She was rummaging through her briefcase, waiting for the New York-to-Washington shuttle, when The Perfect Man walked into the airport lounge.
He had Robert Redford's face and Nick Nolte's body. Gorgeous. A hunk. Adonis in a three-piece suit. She vowed to date him or die trying.
She boarded the plane first and saved him a seat. A slim, head-turning brunette, she wasn't surprised when he seemed about to join her. But he passed her by and took a seat in the rear.
When the plane landed he headed toward the baggage area.Although she had no baggage, she followed. She watched him pick up his suitcase, walk out of the airport and out of her life.
"I figured I had nothing to lose," recalls the 30-ish woman executive. She caught up to him, tapped his shoulder and said, "Excuse me, but I've wanted to meet you and I didn't know how. Can I buy you a drink?
"He said, 'Sure, I'm glad you asked.' We had a wild, fabulous time and became great friends."
From this experience came the rule that has brightened -- for this woman and others -- many a Saturday night: "When in doubt, ask him out."
Washington women live by this motto, claims Rozanne Weissman, who teaches on Open University course on the social scene called The Washington Connection.
"All single women in this town ask men out," she contends, "or they probably don't date at all. It's a competitive place. If you don't ask a man out, chances are someone else will."
"Women aren't waiting for a white knight to carry them away anymore," adds a Maryland psychologist. "They're just as likely to gallop up to him."
A logical reason for this phenomenon could, of course, be Leap Year -- in less liberated days the only acceptable time for woman as wooer -- but in recent years women have been asking men out, regardless of the leap legend.
"If you're a high-powered attractive woman, many men are afraid to ask you out," says a 38-year-old attorney. "They automatically assume you're going with someone or not available. If you don't give them a little encouragement, you'll both wind up sitting home."
"Everyone's so busy that it's tough to meet people," adds Anita Guttenberg, 28, a real-estate specialist. "Often women just have to make the first move."
"Married men are the only ones doing any asking these days," sighs a 25-year-old teacher. "If you want to date a single man, you've got to approach him."
It beats sitting at home waiting for the phone to ring, says Leslie Atkins, 25, a writer and public-relations consultant.
"When I'm the one doing the asking I'm more in control. Then he's the one waiting by the phone. And I figure why not ask out a man I want to date, rather than waste my time with some of the men who ask me out."
Women say men are flattered by the advance.

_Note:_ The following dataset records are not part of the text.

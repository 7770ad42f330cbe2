-- ===== src/StatStore/Disk/Laws.antt =====
-- What the documentation of `os` says of the directory, and the names of the files in it.
use dzzzr_cli.Base.{
  ℕ, ◌≡◌, refl, sym, ap, ◌∙◌, true, false, none, some, inl, inr, [], ◌∷◌, ◌++◌, arith, Text, codes,
  text_eq, eq_of-text_eq, Bool-cases,
}
use mathlib.Core.List.{append_cancel_right}
use dzzzr_cli.StatStore.Disk.{Directory, json_name, tmp_name}

module _ {W : Type 0} (d : Directory W) where
  unfoldable pub IsReadable : Text → Text → W → Type 0
  IsReadable name b w = (d.open_root w ≡ none) × (d.read_file name w ≡ inr b)

  -- A write, even one that fails, changes the file that it names only; so does removing, and a rename
  -- the two files that it names. A rename that fails changes nothing.
  pub record DirectoryLaws : Type 0 where
    pub make_root_keeps : (n b : Text) (w : W) → IsReadable n b w → IsReadable n b (d.make_root w).1
    pub write_keeps :
        (name c n b : Text) (w : W)
        → text_eq name n ≡ false
        → IsReadable n b w
        → IsReadable n b (d.write_file name c w).1
    pub write_reads :
        (name c : Text) (w : W)
        → d.open_root w ≡ none
        → (d.write_file name c w).0 ≡ none
        → IsReadable name c (d.write_file name c w).1
    pub rename_keeps :
        (from to n b : Text) (w : W)
        → text_eq from n ≡ false
        → text_eq to n ≡ false
        → IsReadable n b w
        → IsReadable n b (d.rename from to w).1
    pub rename_fails :
        (from to n b err : Text) (w : W)
        → (d.rename from to w).0 ≡ some err
        → IsReadable n b w
        → IsReadable n b (d.rename from to w).1
    pub rename_reads :
        (from to b : Text) (w : W)
        → (d.rename from to w).0 ≡ none
        → IsReadable from b w
        → IsReadable to b (d.rename from to w).1
    pub remove_keeps :
        (name n b : Text) (w : W)
        → text_eq name n ≡ false
        → IsReadable n b w
        → IsReadable n b (d.remove name w)

-- The last code of a text.
last_or : ℕ → Text → ℕ
last_or c [] = c
last_or c (x ∷ s) = last_or x s

last_or-append : (c : ℕ) (s : Text) (x : ℕ) (t : Text) → last_or c (s ++ (x ∷ t)) ≡ last_or x t
unfolding last_or
last_or-append c [] x t = refl
last_or-append c (y ∷ s) x t = last_or-append y s x t

pub tmp_name-json_name : (a b : Text) → text_eq (tmp_name a) (json_name b) ≡ false
unfolding tmp_name json_name last_or
tmp_name-json_name a b = elim (Bool-cases (text_eq (tmp_name a) (json_name b))) [
  | inr other ↦ other
  | inl same ↦
      let ends : 112 ≡ 110 =
        sym (last_or-append 0 a 46 (codes "tmp"))
        ∙ (ap (last_or 0) (eq_of-text_eq _ _ same) ∙ last_or-append 0 b 46 (codes "json")) in
      absurd (omega (arith, ends))
]

-- Two identifiers with one file are the same.
pub json_name-injective : (a b : Text) → text_eq (json_name a) (json_name b) ≡ true → a ≡ b
unfolding json_name
json_name-injective a b h = append_cancel_right a b (codes ".json") (eq_of-text_eq _ _ h)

Men who've been asked out agree.
"They're ususally surprised and delighted," says a 30-ish divorcee. "And since they haven't had much practice at saying 'no,' you're usually assured of a date."
"It's an ego trip for the guy," says Richard Haddad, a founder of the men's liberation group Free Men. "It's simply nice to know that someone finds you interesting, likes you and is attracted to your body."
"There are probably men out there who would feel threatened and not know what to do if a woman asked them out," adds Free Men member Dick Conoboy. "But I think most men love it. It really takes the edge off the dating game."
Summoning the nerve to ask a man out "takes a great deal of courage," admits one frequent asker. "It gives you an excellent understanding of what men go through."
Fear of rejection is the strongest deterrent, says Terry Batt -- "I've been single longer than God" -- teacher of an Open University class on the mating game called Making Contact.
"Women for ages have softened the rejection by telling men that they have to stay home and wash their hair or entertain cousins from out-of-town.
"So if a man says he has to baby-sit his cat instead of going out, it gets you in the pit of the stomach. All you can do is take a deep breath, realize you can't be everyone's cup of tea and try again."
"My self-image crupled when I called a man who I thought really liked me and he said 'Janet Who?'" recalls public-relations specialist Janet Gordon, 23. "But if you don't take risks, you never get anywhere."
The first few times might be tough, admits Mary Lee Zetter, 31, a psychotherapist who "made the first move" to kiss the man she later proposed to and is now her husband. "But the more you ask men out the easier -- and the more fun -- it gets."
Asking men out is easier for younger women more used to new roles, says Sharon Austin, 24. She used the technique of asking men over to study when she attended Howard University.
"It's easier for older women," counters a recently remarried divorcee. "When you're over 40 you no longer think it's the end of the world if he says no."
But for any woman, "It's worth it," says Candi Kaplan, a 30-year-old insurance planner who during Leap Year 1976 popped the question to the man who is now her husband.
"Just remember how much more fun it is to be going out than sitting home. Then just blurt it out."